====== RECORDS TO USE

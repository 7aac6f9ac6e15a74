-- ===== src/Citadel/Threads/Exclusion/Effect.antt =====
-- What one step of a thread does to the mutexes and to the buffers.
use mathlib.Core.Path.{subst}
use platform_external_nos_ho.Base.{
  ℕ, ℤ, neg_ℕ, List, true, false, is_neg, is_nonzero, length, some, ◌≡◌, ◌≢◌, refl, ap, ◌∙◌,
  Bool-cases, inl, inr, arith,
}
use platform_external_nos_ho.Citadel.System.{
  Buffer, Mutex, in_buf_mutex, out_buf_mutex, System, Driver,
}
use platform_external_nos_ho.Citadel.Datagram.{copy_out, copy_in}
use platform_external_nos_ho.Citadel.Threads.{
  Job, reading, writing, mutex_of, Place, outside, refused, locked, loaded, answered, leaving,
  finished, lock_step, fetch_step, send_step, unlock_step, move,
}
use platform_external_nos_ho.Citadel.Threads.Exclusion.Sharing.{
  IsMutex, inside, buffer_of, Owns, Holds-copy_in,
}

buffer_world :
    {W : Type 0} (n : Mutex) (d : Driver W) (w : W)
    → buffer_of n (record d { world = w }) ≡ buffer_of n d
buffer_world in_buf_mutex d w = refl
buffer_world out_buf_mutex d w = refl

module _ {W : Type 0} (d : Driver W) (b : Buffer) (w : W) where
  apart_in :
      (n : Mutex)
      → n ≢ in_buf_mutex
      → buffer_of n (record d { in_buf = b; world = w }) ≡ buffer_of n d
  apart_in in_buf_mutex ne = absurd (ne refl)
  apart_in out_buf_mutex ne = refl

  apart_out :
      (n : Mutex)
      → n ≢ out_buf_mutex
      → buffer_of n (record d { out_buf = b; world = w }) ≡ buffer_of n d
  apart_out in_buf_mutex ne = refl
  apart_out out_buf_mutex ne = absurd (ne refl)

module _ {W : Type 0} (system : System W) (mutex : IsMutex system) where
  open mutex use {taken, lock_enters, lock_fails, lock_apart, unlock_apart, ioctl_keeps}

  -- What a step from `p` to `p'` may do to the driver.
  pub record IsEffect (job : Job) (p : Place) (d : Driver W) (p' : Place) (d' : Driver W)
      : Type 0 where
    pub apart_taken : (n : Mutex) → n ≢ mutex_of job → taken d'.world n ≡ taken d.world n
    pub apart_buffer : (n : Mutex) → n ≢ mutex_of job → buffer_of n d' ≡ buffer_of n d
    pub keeps_buffer : inside p ≡ false → buffer_of (mutex_of job) d' ≡ buffer_of (mutex_of job) d
    pub keeps_taken :
        inside p ≡ false
        → taken d.world (mutex_of job) ≡ true
        → taken d'.world (mutex_of job) ≡ true
    pub was_free : inside p ≡ false → inside p' ≡ true → taken d.world (mutex_of job) ≡ false
    pub is_taken :
        (inside p ≡ true → taken d.world (mutex_of job) ≡ true)
        → inside p' ≡ true
        → taken d'.world (mutex_of job) ≡ true
    pub owns : Owns (buffer_of (mutex_of job) d) job p → Owns (buffer_of (mutex_of job) d') job p'

  lock_step-IsEffect :
      (job : Job) (d : Driver W)
      → IsEffect job outside d (lock_step system job d).0 (lock_step system job d).1
  unfolding lock_step
  lock_step-IsEffect job d =
      elim (Bool-cases (is_nonzero (system.mutex_lock (mutex_of job) d.world).0)) [
        | inl bad ↦ rw bad (record {
          apart_taken = λ n ne. lock_apart (mutex_of job) n d.world ne;
          apart_buffer = λ n ne. buffer_world n d (system.mutex_lock (mutex_of job) d.world).1;
          keeps_buffer =
              λ h. buffer_world (mutex_of job) d (system.mutex_lock (mutex_of job) d.world).1;
          keeps_taken = λ h t. lock_fails (mutex_of job) d.world bad ∙ t;
          was_free = λ h i. absurd (ground arith);
          is_taken = λ h i. absurd (ground arith);
          owns = λ o. tt;
        })
        | inr good ↦ rw good (record {
          apart_taken = λ n ne. lock_apart (mutex_of job) n d.world ne;
          apart_buffer = λ n ne. buffer_world n d (system.mutex_lock (mutex_of job) d.world).1;
          keeps_buffer =
              λ h. buffer_world (mutex_of job) d (system.mutex_lock (mutex_of job) d.world).1;
          keeps_taken = λ h t. (lock_enters (mutex_of job) d.world good).1;
          was_free = λ h i. (lock_enters (mutex_of job) d.world good).0;
          is_taken = λ h i. (lock_enters (mutex_of job) d.world good).1;
          owns = λ o. tt;
        })
      ]

  -- A step of a thread that is inside.
  from_inside :
      (job : Job) (p p' : Place) (d d' : Driver W)
      → inside p ≡ true
      → ((n : Mutex) → n ≢ mutex_of job → taken d'.world n ≡ taken d.world n)
      → ((n : Mutex) → n ≢ mutex_of job → buffer_of n d' ≡ buffer_of n d)
      → (inside p' ≡ true → taken d'.world (mutex_of job) ≡ taken d.world (mutex_of job))
      → (Owns (buffer_of (mutex_of job) d) job p → Owns (buffer_of (mutex_of job) d') job p')
      → IsEffect job p d p' d'
  from_inside job p p' d d' here apart buffers keeps owned = record {
    apart_taken = apart;
    apart_buffer = buffers;
    keeps_buffer = λ h. absurd (ground (arith, here, h));
    keeps_taken = λ h t. absurd (ground (arith, here, h));
    was_free = λ h i. absurd (ground (arith, here, h));
    is_taken = λ t i. keeps i ∙ t here;
    owns = owned;
  }

  unlock_step-IsEffect :
      (job : Job) (own : ℤ × Buffer) (ret : ℤ) (bytes : List ℕ) (d : Driver W)
      → IsEffect job
          (leaving own ret bytes)
          d
          (unlock_step system job own ret bytes d).0
          (unlock_step system job own ret bytes d).1
  unfolding unlock_step
  unlock_step-IsEffect (reading fd command buf) own ret bytes d =
      from_inside (reading fd command buf) (leaving own ret bytes) (finished own _ bytes) d _ refl
        (λ n ne. unlock_apart in_buf_mutex n d.world ne)
        (λ n ne. buffer_world n d (system.mutex_unlock in_buf_mutex d.world).1)
        (λ i. absurd (ground arith)) (λ o. o)
  unlock_step-IsEffect (writing fd command buf) own ret bytes d =
      from_inside (writing fd command buf) (leaving own ret bytes) (finished own _ bytes) d _ refl
        (λ n ne. unlock_apart out_buf_mutex n d.world ne)
        (λ n ne. buffer_world n d (system.mutex_unlock out_buf_mutex d.world).1)
        (λ i. absurd (ground arith)) (λ o. o)

  fetch_step-IsEffect :
      (fd : ℤ) (command : ℕ) (buf : List ℕ) (d : Driver W)
      → IsEffect
          (reading fd command buf)
          locked
          d
          (fetch_step system fd command buf d).0
          (fetch_step system fd command buf d).1
  unfolding fetch_step
  fetch_step-IsEffect fd command buf d =
      let answer = system.ioctl_datagram fd command (length buf) d.in_buf d.world in
      let job = reading fd command buf in
      let d' : Driver W = record d { in_buf = answer.0.1; world = answer.1 } in
      let keeps = ioctl_keeps fd command (length buf) d.in_buf d.world in
      elim (Bool-cases (is_neg answer.0.0)) [
        | inl bad ↦ rw bad (
            from_inside job locked (leaving answer.0 (neg_ℕ (system.errno answer.1)) buf) d d' refl
              (λ n ne. keeps n) (apart_in d answer.0.1 answer.1) (λ i. keeps in_buf_mutex)
              (λ o. rw bad refl))
        | inr good ↦ rw good (
            from_inside job locked (answered answer.0 answer.0.0) d d' refl (λ n ne. keeps n)
              (apart_in d answer.0.1 answer.1) (λ i. keeps in_buf_mutex) (λ o. (refl, good)))
      ]

  load-IsEffect :
      (fd : ℤ) (command : ℕ) (buf : List ℕ) (d : Driver W)
      → IsEffect
          (writing fd command buf)
          locked
          d
          loaded
          (record d { out_buf = copy_in buf (length buf) d.out_buf })
  load-IsEffect fd command buf d =
      from_inside (writing fd command buf) locked loaded d
        (record d { out_buf = copy_in buf (length buf) d.out_buf }) refl (λ n ne. refl)
        (apart_out d (copy_in buf (length buf) d.out_buf) d.world) (λ i. refl)
        (λ o. Holds-copy_in buf d.out_buf)

  send_step-IsEffect :
      (fd : ℤ) (command : ℕ) (buf : List ℕ) (d : Driver W)
      → IsEffect
          (writing fd command buf)
          loaded
          d
          (send_step system fd command buf d).0
          (send_step system fd command buf d).1
  unfolding send_step
  send_step-IsEffect fd command buf d =
      let answer = system.ioctl_datagram fd command (length buf) d.out_buf d.world in
      let keeps = ioctl_keeps fd command (length buf) d.out_buf d.world in
      from_inside (writing fd command buf) loaded (leaving (answer.0.0, d.out_buf) _ buf) d
        (record d { out_buf = answer.0.1; world = answer.1 }) refl (λ n ne. keeps n)
        (apart_out d answer.0.1 answer.1) (λ i. keeps out_buf_mutex) (λ o. o)

  copy-IsEffect :
      (fd : ℤ) (command : ℕ) (buf : List ℕ) (own : ℤ × Buffer) (ret : ℤ) (d : Driver W)
      → IsEffect
          (reading fd command buf)
          (answered own ret)
          d
          (leaving own ret (copy_out d.in_buf (length buf) buf))
          d
  copy-IsEffect fd command buf own ret d =
      from_inside (reading fd command buf) (answered own ret)
        (leaving own ret (copy_out d.in_buf (length buf) buf)) d d refl (λ n ne. refl)
        (λ n ne. refl) (λ i. refl) (λ o. rw o.1 (ap (λ b. copy_out b (length buf) buf) o.0))

  moved :
      (job : Job) (p p' : Place) (d d' : Driver W) (step : Place × Driver W)
      → IsEffect job p d step.0 step.1
      → some step ≡ some (p', d')
      → IsEffect job p d p' d'
  moved job p p' d d' step effect h =
      let same : step ≡ (p', d') = ground (arith, h) in
      subst (λ (t : Place × Driver W). IsEffect job p d t.0 t.1) same effect

  pub move-IsEffect :
      (job : Job) (p p' : Place) (d d' : Driver W)
      → move system job p d ≡ some (p', d')
      → IsEffect job p d p' d'
  unfolding move
  move-IsEffect job outside p' d d' h = moved job outside p' d d' _ (lock_step-IsEffect job d) h
  move-IsEffect job (refused ret) p' d d' h = absurd (ground (arith, h))
  move-IsEffect (reading fd command buf) locked p' d d' h =
      moved (reading fd command buf) locked p' d d' _ (fetch_step-IsEffect fd command buf d) h
  move-IsEffect (writing fd command buf) locked p' d d' h =
      moved (writing fd command buf) locked p' d d' _ (load-IsEffect fd command buf d) h
  move-IsEffect (reading fd command buf) loaded p' d d' h = absurd (ground (arith, h))
  move-IsEffect (writing fd command buf) loaded p' d d' h =
      moved (writing fd command buf) loaded p' d d' _ (send_step-IsEffect fd command buf d) h
  move-IsEffect (reading fd command buf) (answered own ret) p' d d' h =
      moved (reading fd command buf) (answered own ret) p' d d' _
        (copy-IsEffect fd command buf own ret d) h
  move-IsEffect (writing fd command buf) (answered own ret) p' d d' h = absurd (ground (arith, h))
  move-IsEffect job (leaving own ret bytes) p' d d' h =
      moved job (leaving own ret bytes) p' d d' _ (unlock_step-IsEffect job own ret bytes d) h
  move-IsEffect job (finished own ret bytes) p' d d' h = absurd (ground (arith, h))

============

:: EXERCISE OBJECTIVE ::
What you return must be the lines above that run from the line with "(w : W) where" to the line with "out_buf = b;", inclusive, each copied exactly.

:: PROBLEM SOLUTION ::
module _ {W : Type 0} (d : Driver W) (b : Buffer) (w : W) where
  apart_in :
      (n : Mutex)
      → n ≢ in_buf_mutex
      → buffer_of n (record d { in_buf = b; world = w }) ≡ buffer_of n d
  apart_in in_buf_mutex ne = absurd (ne refl)
  apart_in out_buf_mutex ne = refl

  apart_out :
      (n : Mutex)
      → n ≢ out_buf_mutex
      → buffer_of n (record d { out_buf = b; world = w }) ≡ buffer_of n d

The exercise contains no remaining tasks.